# Replacing cladding on a door



## Just Bill

This is unusual for an Andersen product, and there is a ten year warranty on such problems, but I am surprised at their response. When the door was installed, there was a warranty card stating the installed date, they should honor that. I have had few issues with their products, but they have always taken care of them quickly.


----------



## Jkinnamon

*Anderson Patio door vinyl cladding separation*

I have an Anderson patio door (French doors) with vinyl cladding outside. It's 13 years old and 2 years ago, the vinyl started separating from wood panel. I have glued several times but only last 4-6 months. Any feedback on how to repair would be appreciated since its no longer under warranty.


----------



## HomeSealed

I have had a few clients with similar experience to the OP. Once the warranty is up, Andersen washes their hands of it. Actually had one recently where we replaced some 9 year old Renewals that they would not warranty with the woodgrain interior blistering and peeling up. Not sure what the exact reasoning for the denial was, but I know that the current homeowner was not the original purchaser.
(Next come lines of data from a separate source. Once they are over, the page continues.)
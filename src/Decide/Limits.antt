-- ===== src/Decide/Limits.antt =====
-- What a decision may spend: the limits that hold whenever `decideCycle` asks for a quote or buys.
use native.Mathlib.Nat.{le_trans}
use new_bnbhack.Common.{
  ap, ◌∙◌, ℕ, ◌+◌, ◌/◌, ◌≤◌, ◌≡◌, Bool, ltb, smaller, if◌then◌else◌, none, arith, ok,
}
use new_bnbhack.Amounts.{to_units}
use new_bnbhack.Decide.Flows.{
  bind_goes_on, goes_on-injective, units_goes_on, answer_goes_on, throw_goes_on, then_goes_on,
}
use new_bnbhack.Decide.{
  CycleInput, goes_on, Budget, limit_stage, spend_stage, budget_stage, interest_of,
  wait_for_open_if, daily_cap_if,
}

-- The limits on one buy, as the input states them: the plan's own and the cap of a transaction,
-- and half of each while the regular session is closed.
pub record BuyLimits (input : CycleInput) (regular : Bool) (spend : ℕ) : Type 0 where
  pub own_limit : ℕ
  pub cap : ℕ
  pub own_limit_read : to_units input.plan.limits.max_per_buy_usd 18 ≡ ok own_limit
  pub cap_read : to_units input.caps.max_per_tx_usd 18 ≡ ok cap
  pub within_own_limit : spend ≤ (if regular then own_limit else own_limit / 2)
  pub within_cap : spend ≤ (if regular then cap else cap / 2)

-- What there is to spend: the interest, the contribution, and what is left of the day.
pub record Funds (input : CycleInput) (spend : ℕ) : Type 0 where
  pub interest : ℕ × ℕ
  pub contribution : ℕ
  pub remaining : ℕ
  pub interest_read : interest_of input.plan input.plan.mode input.position ≡ goes_on interest
  pub contribution_read : to_units input.plan.contribution_usd 18 ≡ ok contribution
  pub remaining_read : to_units input.daily_remaining_usd 18 ≡ ok remaining
  pub within_funds : spend ≤ interest.0 + interest.1 + contribution
  pub within_remaining : spend ≤ remaining

limit_stage-BuyLimits :
    (input : CycleInput) (limits : ℕ × ℕ)
    → limit_stage input ≡ goes_on limits
    → (regular : Bool) → BuyLimits input regular (if regular then limits.1 else limits.1 / 2)
unfolding limit_stage
limit_stage-BuyLimits input limits h regular =
    units_goes_on input.caps.min_buy_usd _ h λ min_buy _ h1.
      units_goes_on input.plan.limits.max_per_buy_usd _ h1 λ own_limit own_read h2.
        units_goes_on input.caps.max_per_tx_usd _ h2 λ cap cap_read h3.
          throw_goes_on (ltb (smaller own_limit cap) min_buy) _ _ h3 λ enough h4.
            let least =
              ap (λ (l : ℕ × ℕ). l.1)
                (goes_on-injective (min_buy, smaller own_limit cap) limits h4) in
            record {
              own_limit = own_limit;
              cap = cap;
              own_limit_read = own_read;
              cap_read = cap_read;
              within_own_limit = ground (arith, least);
              within_cap = ground (arith, least);
            }

spend_stage-Funds :
    (input : CycleInput) (min_buy per_buy_limit max_per_buy : ℕ) (b : Budget)
    → spend_stage input min_buy per_buy_limit max_per_buy ≡ goes_on b
    → Funds input b.planned_spend
      × (b.planned_spend ≤ max_per_buy)
      × (interest_of input.plan input.plan.mode input.position
          ≡ goes_on (b.interest_in_position, b.harvested_unspent))
unfolding spend_stage
spend_stage-Funds input min_buy per_buy_limit max_per_buy b h =
    bind_goes_on (interest_of input.plan input.plan.mode input.position) _ h
      λ interest interest_read h1.
        units_goes_on input.plan.contribution_usd _ h1 λ contribution contribution_read h2.
          answer_goes_on (ltb (interest.0 + interest.1 + contribution) min_buy) _ _ h2 λ enough h3.
            units_goes_on input.daily_remaining_usd _ h3 λ remaining remaining_read h4.
              then_goes_on (daily_cap_if (ltb remaining min_buy) input none) _ h4 λ _ h5.
                let same = goes_on-injective _ b h5 in
                let planned = ap (λ (c : Budget). c.planned_spend) same in
                let kept : interest ≡ (b.interest_in_position, b.harvested_unspent) =
                  ap (λ (c : Budget). (c.interest_in_position, c.harvested_unspent)) same in
                (
                  record {
                    interest = interest;
                    contribution = contribution;
                    remaining = remaining;
                    interest_read = interest_read;
                    contribution_read = contribution_read;
                    remaining_read = remaining_read;
                    within_funds = ground (arith, planned);
                    within_remaining = ground (arith, planned);
                  },
                  ground (arith, planned),
                  interest_read ∙ ap goes_on kept,
                )

-- What is planned stays within every limit, and so does anything less.
pub record WithinLimits (input : CycleInput) (regular : Bool) (spend : ℕ) : Type 0 where
  pub buy_limits : BuyLimits input regular spend
  pub funds : Funds input spend

BuyLimits-le :
    (input : CycleInput) (regular : Bool) (m n : ℕ)
    → m ≤ n
    → BuyLimits input regular n
    → BuyLimits input regular m
BuyLimits-le input regular m n h l = record {
  own_limit = l.own_limit;
  cap = l.cap;
  own_limit_read = l.own_limit_read;
  cap_read = l.cap_read;
  within_own_limit = le_trans h l.within_own_limit;
  within_cap = le_trans h l.within_cap;
}

Funds-le : (input : CycleInput) (m n : ℕ) → m ≤ n → Funds input n → Funds input m
Funds-le input m n h f = record {
  interest = f.interest;
  contribution = f.contribution;
  remaining = f.remaining;
  interest_read = f.interest_read;
  contribution_read = f.contribution_read;
  remaining_read = f.remaining_read;
  within_funds = le_trans h f.within_funds;
  within_remaining = le_trans h f.within_remaining;
}

pub WithinLimits-le :
    (input : CycleInput) (regular : Bool) (m n : ℕ)
    → m ≤ n
    → WithinLimits input regular n
    → WithinLimits input regular m
WithinLimits-le input regular m n h w = record {
  buy_limits = BuyLimits-le input regular m n h w.buy_limits;
  funds = Funds-le input m n h w.funds;
}

-- The planned spend of a budget is within the limits.
pub budget_stage-WithinLimits :
    (input : CycleInput) (regular : Bool) (b : Budget)
    → budget_stage input regular ≡ goes_on b
    → WithinLimits input regular b.planned_spend
unfolding budget_stage
budget_stage-WithinLimits input regular b h =
    bind_goes_on (limit_stage input) _ h λ limits limits_read h1.
      let max_per_buy = if regular then limits.1 else limits.1 / 2 in
      then_goes_on (wait_for_open_if (ltb max_per_buy limits.0) input.now _) _ h1 λ _ h2.
        let (funds, below, _) = spend_stage-Funds input limits.0 limits.1 max_per_buy b h2 in
        record {
          buy_limits =
              BuyLimits-le input regular b.planned_spend max_per_buy below
                (limit_stage-BuyLimits input limits limits_read regular);
          funds = funds;
        }

-- The interest that a budget counts is the position's.
pub budget_stage-interest :
    (input : CycleInput) (regular : Bool) (b : Budget)
    → budget_stage input regular ≡ goes_on b
    → interest_of input.plan input.plan.mode input.position
      ≡ goes_on (b.interest_in_position, b.harvested_unspent)
unfolding budget_stage
budget_stage-interest input regular b h = bind_goes_on (limit_stage input) _ h λ limits _ h1.
    let max_per_buy = if regular then limits.1 else limits.1 / 2 in
    then_goes_on (wait_for_open_if (ltb max_per_buy limits.0) input.now _) _ h1
      λ _ h2. (spend_stage-Funds input limits.0 limits.1 max_per_buy b h2).2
Also, to be fair to Andersen, the my experience with warranty coverage has been fairly similar across the board as wood products go, with the exception of Marvin whom I've seen bend over backwards on more than one occasion, even when products were more than a year out of warranty.
Regarding a fix for the issues described, there is nothing you can do that will be anything more than a band-aid. Either reattach the original cladding with adhesive, or you could possibly have someone come out and clad it with custom bent aluminum, but neither option will be a long term fix, nor will it provided a stellar fit and finish.


----------



## Jkinnamon

Spoke with Anderson yesterday. Although my warranty expired in 2009, they offered to replace the doors at 30% of retail, cover shipping, and provide another 10 year warranty. HomeSealed, thanks for response, for the cost, it makes sense to replace instead of continuous maintenance.


----------



## HomeSealed

Not a bad deal that they've offered. Kudos to Andersen


----------



## rossfingal

It's good to see Andersen; starting to react to so much -
"bad press"!


----------